[Records provided — start]

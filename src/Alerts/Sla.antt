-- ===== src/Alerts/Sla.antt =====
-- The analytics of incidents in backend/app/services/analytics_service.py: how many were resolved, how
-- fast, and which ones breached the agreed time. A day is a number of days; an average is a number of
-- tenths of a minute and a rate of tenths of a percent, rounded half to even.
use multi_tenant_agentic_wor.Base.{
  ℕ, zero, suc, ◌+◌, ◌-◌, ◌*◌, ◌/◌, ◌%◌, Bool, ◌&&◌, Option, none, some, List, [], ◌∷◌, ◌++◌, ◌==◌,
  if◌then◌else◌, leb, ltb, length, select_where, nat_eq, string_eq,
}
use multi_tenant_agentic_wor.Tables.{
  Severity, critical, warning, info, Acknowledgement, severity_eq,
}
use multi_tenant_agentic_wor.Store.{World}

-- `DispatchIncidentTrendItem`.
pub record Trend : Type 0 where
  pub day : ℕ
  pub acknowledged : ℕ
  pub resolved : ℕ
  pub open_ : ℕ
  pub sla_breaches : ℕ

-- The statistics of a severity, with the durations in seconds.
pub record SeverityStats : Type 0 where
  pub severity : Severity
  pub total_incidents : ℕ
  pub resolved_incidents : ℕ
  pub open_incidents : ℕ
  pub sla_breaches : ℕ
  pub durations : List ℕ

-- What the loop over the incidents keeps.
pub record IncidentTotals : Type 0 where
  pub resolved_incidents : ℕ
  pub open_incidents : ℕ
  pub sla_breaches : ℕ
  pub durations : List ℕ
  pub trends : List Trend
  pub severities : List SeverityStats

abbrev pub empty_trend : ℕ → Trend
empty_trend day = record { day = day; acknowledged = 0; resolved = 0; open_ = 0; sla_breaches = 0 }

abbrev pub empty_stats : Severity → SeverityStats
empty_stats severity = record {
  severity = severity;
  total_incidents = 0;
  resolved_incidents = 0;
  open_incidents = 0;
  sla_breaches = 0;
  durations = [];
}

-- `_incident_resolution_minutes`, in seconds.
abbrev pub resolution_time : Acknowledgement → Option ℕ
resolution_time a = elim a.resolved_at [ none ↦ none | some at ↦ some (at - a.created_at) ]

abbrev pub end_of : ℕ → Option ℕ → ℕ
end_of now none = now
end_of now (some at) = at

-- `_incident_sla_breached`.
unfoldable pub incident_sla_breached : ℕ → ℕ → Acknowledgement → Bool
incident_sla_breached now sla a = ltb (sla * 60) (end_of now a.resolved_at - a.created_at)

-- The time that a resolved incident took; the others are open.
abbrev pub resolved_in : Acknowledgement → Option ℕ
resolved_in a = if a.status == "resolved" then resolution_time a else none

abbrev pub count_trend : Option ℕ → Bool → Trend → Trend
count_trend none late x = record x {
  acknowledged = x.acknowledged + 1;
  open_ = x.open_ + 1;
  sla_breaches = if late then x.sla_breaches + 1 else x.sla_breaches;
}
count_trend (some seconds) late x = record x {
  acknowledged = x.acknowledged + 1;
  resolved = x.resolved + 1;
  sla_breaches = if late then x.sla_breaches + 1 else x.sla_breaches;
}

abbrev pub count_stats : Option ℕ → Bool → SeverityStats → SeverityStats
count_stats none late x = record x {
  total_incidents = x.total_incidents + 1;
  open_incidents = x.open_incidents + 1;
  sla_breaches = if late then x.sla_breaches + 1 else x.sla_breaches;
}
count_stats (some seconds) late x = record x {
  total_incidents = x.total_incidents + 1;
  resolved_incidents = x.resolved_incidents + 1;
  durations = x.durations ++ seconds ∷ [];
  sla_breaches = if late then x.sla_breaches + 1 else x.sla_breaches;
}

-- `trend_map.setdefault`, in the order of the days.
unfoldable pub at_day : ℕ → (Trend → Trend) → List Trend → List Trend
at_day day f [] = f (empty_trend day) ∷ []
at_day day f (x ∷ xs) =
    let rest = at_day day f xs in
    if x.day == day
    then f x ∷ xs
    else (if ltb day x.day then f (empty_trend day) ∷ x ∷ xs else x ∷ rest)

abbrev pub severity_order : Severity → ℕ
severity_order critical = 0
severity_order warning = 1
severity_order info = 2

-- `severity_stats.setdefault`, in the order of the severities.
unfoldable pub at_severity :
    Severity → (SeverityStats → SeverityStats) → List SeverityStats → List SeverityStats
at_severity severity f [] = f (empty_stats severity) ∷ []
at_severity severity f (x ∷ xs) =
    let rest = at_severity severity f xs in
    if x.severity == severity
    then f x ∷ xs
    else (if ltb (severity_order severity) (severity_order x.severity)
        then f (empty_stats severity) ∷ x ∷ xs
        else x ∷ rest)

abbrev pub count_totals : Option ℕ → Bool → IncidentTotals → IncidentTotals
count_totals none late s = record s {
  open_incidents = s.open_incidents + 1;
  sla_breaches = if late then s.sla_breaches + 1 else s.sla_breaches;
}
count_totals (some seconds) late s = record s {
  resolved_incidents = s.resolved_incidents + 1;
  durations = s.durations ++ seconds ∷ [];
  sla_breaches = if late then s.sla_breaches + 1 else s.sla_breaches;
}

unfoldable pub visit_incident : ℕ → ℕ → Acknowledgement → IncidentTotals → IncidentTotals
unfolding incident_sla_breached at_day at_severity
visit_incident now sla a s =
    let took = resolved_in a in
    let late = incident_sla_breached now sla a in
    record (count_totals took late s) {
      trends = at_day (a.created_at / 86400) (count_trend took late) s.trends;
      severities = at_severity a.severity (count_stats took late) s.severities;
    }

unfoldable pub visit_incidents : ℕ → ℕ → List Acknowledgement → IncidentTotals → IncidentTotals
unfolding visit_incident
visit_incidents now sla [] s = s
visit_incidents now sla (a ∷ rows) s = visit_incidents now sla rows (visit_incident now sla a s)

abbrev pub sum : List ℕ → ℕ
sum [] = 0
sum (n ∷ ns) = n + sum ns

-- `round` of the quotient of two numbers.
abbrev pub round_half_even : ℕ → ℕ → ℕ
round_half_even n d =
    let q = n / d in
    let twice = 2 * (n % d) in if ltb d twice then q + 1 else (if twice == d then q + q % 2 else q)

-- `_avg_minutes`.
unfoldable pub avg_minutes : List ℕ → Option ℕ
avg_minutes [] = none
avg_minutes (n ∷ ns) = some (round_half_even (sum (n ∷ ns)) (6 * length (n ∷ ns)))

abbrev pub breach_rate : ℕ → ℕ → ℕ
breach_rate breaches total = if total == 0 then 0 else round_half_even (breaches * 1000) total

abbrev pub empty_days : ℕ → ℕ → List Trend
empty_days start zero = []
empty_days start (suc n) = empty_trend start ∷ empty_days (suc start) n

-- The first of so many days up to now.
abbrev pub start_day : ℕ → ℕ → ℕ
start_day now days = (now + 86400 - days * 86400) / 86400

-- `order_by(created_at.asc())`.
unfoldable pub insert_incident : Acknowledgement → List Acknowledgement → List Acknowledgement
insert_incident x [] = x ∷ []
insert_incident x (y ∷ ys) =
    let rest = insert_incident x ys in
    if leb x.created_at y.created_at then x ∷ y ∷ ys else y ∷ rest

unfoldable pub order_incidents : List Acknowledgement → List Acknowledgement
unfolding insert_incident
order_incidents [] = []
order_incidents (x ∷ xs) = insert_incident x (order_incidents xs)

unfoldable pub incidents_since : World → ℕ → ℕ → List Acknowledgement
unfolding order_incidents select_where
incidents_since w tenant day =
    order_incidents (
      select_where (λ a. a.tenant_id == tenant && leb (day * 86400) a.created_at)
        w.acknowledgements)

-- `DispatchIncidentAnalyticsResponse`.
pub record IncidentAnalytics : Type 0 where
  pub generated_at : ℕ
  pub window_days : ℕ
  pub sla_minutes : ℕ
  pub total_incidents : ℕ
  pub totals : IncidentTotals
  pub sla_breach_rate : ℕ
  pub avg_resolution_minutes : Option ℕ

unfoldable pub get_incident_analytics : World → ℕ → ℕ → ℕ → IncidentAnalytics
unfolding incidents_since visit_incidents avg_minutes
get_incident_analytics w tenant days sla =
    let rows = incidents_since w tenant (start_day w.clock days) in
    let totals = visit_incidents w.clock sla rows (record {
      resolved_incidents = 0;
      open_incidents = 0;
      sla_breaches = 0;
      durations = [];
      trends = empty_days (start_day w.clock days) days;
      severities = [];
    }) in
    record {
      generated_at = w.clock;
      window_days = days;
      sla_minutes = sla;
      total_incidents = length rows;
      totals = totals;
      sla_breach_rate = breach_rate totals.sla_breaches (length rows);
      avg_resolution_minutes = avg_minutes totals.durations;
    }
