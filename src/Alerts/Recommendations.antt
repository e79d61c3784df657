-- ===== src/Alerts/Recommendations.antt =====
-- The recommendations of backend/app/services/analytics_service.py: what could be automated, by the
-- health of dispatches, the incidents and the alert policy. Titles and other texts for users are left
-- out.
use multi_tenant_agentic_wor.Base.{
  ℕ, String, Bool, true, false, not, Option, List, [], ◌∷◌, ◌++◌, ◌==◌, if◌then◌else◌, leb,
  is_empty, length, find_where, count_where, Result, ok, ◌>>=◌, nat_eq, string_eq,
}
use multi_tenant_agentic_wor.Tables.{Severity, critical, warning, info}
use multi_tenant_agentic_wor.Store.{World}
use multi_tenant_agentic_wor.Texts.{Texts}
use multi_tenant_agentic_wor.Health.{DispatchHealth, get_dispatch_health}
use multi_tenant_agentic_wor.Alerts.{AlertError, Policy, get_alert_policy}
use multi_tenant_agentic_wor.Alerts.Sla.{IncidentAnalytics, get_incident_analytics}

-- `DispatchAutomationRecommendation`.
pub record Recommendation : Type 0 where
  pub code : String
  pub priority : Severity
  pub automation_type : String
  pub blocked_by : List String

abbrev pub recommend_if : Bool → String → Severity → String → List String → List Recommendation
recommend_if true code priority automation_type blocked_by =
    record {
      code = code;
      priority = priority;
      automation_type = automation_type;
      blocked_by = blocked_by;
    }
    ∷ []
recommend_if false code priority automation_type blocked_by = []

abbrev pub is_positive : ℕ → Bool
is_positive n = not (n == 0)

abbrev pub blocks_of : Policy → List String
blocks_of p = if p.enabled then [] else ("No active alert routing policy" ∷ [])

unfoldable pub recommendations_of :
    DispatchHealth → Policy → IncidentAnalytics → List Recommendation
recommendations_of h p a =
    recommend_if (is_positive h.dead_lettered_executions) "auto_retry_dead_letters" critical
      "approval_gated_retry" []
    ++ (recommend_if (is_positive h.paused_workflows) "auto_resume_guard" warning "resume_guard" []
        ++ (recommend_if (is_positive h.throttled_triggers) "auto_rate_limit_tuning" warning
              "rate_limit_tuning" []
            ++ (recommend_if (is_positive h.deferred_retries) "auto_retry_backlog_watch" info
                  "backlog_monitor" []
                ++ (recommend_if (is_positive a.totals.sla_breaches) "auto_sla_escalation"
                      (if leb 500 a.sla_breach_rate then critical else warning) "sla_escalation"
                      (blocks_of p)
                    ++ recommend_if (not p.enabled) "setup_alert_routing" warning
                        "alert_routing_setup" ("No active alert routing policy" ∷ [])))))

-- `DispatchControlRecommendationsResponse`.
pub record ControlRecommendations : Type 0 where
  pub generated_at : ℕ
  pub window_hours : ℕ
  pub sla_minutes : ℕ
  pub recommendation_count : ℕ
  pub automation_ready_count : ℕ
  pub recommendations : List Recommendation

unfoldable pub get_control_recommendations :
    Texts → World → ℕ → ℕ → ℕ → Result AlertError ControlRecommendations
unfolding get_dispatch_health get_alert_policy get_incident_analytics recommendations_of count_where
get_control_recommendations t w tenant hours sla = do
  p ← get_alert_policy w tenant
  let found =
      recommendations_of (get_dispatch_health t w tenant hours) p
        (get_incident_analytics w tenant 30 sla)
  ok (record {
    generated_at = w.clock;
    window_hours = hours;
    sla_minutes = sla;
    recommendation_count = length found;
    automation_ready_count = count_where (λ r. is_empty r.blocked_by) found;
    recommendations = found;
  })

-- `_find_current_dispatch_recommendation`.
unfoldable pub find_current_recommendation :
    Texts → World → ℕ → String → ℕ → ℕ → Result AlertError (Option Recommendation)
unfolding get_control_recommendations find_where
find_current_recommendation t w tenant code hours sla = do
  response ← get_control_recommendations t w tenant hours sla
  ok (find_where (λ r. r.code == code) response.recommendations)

[Records provided — finish]

## Description of the task
Lines that contain "IncidentTotals" are the result; find them in the entries above and copy each one.

## Task solution
pub record IncidentTotals : Type 0 where
abbrev pub count_totals : Option ℕ → Bool → IncidentTotals → IncidentTotals
unfoldable pub visit_incident : ℕ → ℕ → Acknowledgement → IncidentTotals → IncidentTotals
unfoldable pub visit_incidents : ℕ → ℕ → List Acknowledgement → IncidentTotals → IncidentTotals
  pub totals : IncidentTotals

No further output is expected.